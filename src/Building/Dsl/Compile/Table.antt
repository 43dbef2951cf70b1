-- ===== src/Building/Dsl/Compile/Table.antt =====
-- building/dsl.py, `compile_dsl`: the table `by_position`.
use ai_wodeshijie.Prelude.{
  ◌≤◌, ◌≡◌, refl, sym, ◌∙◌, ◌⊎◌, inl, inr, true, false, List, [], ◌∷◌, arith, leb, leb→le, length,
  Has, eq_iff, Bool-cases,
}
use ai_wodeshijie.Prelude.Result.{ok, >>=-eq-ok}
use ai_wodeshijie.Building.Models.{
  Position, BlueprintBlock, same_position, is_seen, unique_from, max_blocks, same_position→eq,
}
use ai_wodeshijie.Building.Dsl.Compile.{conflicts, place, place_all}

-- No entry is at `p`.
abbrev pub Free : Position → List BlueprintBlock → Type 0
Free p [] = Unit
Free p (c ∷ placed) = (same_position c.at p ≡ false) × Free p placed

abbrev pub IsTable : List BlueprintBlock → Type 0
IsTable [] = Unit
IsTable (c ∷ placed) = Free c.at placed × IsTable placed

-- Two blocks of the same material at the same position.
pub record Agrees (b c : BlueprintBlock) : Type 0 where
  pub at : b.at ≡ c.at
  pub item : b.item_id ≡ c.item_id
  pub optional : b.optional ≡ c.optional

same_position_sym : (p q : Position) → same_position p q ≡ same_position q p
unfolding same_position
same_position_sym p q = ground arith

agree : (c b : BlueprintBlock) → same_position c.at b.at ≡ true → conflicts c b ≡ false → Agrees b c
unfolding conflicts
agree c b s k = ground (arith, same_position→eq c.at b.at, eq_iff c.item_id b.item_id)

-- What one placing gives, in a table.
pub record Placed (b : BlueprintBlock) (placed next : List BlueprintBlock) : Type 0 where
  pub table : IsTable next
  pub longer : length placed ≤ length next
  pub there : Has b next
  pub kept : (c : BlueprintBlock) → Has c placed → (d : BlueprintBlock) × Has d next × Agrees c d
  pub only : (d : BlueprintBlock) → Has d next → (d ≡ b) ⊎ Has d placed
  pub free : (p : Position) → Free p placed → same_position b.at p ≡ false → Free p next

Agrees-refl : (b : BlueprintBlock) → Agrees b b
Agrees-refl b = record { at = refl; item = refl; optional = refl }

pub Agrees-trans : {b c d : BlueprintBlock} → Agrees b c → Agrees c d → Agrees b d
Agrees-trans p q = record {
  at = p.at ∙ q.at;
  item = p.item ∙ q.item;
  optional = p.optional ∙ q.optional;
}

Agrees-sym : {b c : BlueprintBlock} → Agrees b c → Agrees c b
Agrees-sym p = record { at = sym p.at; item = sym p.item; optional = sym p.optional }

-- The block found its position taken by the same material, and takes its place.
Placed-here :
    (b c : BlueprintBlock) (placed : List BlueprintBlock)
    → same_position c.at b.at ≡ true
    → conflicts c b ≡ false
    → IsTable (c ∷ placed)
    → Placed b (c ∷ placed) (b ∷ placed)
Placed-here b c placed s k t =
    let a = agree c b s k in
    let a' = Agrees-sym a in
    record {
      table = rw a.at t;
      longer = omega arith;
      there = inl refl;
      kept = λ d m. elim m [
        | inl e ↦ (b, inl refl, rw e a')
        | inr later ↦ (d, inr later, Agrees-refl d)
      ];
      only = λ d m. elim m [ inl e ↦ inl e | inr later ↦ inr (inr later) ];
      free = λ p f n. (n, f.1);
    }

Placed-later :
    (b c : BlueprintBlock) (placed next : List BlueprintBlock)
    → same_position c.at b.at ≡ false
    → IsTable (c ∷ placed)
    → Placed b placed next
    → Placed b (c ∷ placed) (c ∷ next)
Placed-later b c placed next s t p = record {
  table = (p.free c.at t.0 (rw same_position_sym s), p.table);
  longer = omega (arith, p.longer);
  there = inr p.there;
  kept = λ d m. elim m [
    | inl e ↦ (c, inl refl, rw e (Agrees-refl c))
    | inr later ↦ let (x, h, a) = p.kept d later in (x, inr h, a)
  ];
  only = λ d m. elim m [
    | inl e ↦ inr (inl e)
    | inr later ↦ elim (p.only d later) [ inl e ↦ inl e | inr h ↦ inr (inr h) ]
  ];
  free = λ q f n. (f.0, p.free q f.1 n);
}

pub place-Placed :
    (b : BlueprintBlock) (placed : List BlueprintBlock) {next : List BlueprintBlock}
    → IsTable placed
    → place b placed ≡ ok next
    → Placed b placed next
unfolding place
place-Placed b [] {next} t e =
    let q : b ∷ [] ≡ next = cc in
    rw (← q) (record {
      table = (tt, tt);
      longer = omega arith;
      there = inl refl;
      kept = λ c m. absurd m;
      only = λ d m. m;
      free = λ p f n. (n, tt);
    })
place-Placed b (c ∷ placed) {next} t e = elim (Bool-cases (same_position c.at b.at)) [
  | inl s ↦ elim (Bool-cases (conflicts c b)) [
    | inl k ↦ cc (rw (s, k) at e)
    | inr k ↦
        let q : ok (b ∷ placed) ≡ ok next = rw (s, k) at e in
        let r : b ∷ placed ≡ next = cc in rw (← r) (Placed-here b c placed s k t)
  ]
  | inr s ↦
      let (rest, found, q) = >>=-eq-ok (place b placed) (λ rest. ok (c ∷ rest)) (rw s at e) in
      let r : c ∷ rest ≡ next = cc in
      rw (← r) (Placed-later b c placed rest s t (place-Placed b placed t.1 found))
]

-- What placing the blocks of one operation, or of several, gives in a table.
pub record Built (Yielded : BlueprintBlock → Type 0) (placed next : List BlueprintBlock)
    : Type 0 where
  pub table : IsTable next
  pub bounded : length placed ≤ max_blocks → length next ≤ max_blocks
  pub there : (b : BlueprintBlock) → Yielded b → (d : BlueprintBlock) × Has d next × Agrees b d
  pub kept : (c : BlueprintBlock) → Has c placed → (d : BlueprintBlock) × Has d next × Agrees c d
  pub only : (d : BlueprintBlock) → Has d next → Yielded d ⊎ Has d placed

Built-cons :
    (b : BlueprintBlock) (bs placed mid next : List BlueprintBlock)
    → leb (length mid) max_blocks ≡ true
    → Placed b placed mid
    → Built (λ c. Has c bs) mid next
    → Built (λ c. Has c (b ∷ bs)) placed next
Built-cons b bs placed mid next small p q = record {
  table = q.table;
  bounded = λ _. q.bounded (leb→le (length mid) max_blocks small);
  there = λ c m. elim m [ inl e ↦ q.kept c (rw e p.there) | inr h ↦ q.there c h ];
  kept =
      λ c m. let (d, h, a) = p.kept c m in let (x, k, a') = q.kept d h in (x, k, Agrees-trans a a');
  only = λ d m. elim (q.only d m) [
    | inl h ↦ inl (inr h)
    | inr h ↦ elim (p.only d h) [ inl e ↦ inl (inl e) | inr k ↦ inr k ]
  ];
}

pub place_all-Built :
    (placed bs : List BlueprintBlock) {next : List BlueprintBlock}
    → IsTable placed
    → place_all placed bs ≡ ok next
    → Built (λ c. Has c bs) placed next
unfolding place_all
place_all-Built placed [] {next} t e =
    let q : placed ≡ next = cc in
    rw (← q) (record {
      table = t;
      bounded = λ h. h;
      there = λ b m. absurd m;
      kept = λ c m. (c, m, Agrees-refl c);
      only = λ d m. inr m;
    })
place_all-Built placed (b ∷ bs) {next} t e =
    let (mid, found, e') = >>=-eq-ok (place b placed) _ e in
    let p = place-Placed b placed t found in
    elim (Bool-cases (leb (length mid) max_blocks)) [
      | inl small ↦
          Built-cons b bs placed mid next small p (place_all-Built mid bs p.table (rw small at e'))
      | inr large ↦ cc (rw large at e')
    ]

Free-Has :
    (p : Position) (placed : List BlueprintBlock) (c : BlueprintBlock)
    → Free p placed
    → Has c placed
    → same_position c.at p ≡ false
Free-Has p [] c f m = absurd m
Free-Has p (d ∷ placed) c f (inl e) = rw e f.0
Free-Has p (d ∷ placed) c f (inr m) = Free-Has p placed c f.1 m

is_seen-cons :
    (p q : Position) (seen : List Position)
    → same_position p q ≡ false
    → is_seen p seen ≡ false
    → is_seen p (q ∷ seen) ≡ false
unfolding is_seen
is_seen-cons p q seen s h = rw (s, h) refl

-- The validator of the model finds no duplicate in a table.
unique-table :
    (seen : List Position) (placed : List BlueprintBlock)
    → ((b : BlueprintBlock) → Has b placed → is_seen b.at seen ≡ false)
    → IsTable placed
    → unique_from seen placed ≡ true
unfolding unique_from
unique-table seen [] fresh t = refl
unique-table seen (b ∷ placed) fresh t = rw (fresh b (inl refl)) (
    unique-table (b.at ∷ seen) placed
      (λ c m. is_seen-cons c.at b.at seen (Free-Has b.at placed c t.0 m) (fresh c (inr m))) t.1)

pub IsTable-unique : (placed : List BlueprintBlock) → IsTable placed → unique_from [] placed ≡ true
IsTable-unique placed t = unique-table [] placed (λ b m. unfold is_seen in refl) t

******************************

WHAT IS EXPECTED = Please copy, exactly as written, every line in the listing above from the line with "placed) (c ∷ next)" up to and including the line with "inr (inl e)".

YOUR RESPONSE =
    → Placed b (c ∷ placed) (c ∷ next)
Placed-later b c placed next s t p = record {
  table = (p.free c.at t.0 (rw same_position_sym s), p.table);
  longer = omega (arith, p.longer);
  there = inr p.there;
  kept = λ d m. elim m [
    | inl e ↦ (c, inl refl, rw e (Agrees-refl c))
    | inr later ↦ let (x, h, a) = p.kept d later in (x, inr h, a)
  ];
  only = λ d m. elim m [
    | inl e ↦ inr (inl e)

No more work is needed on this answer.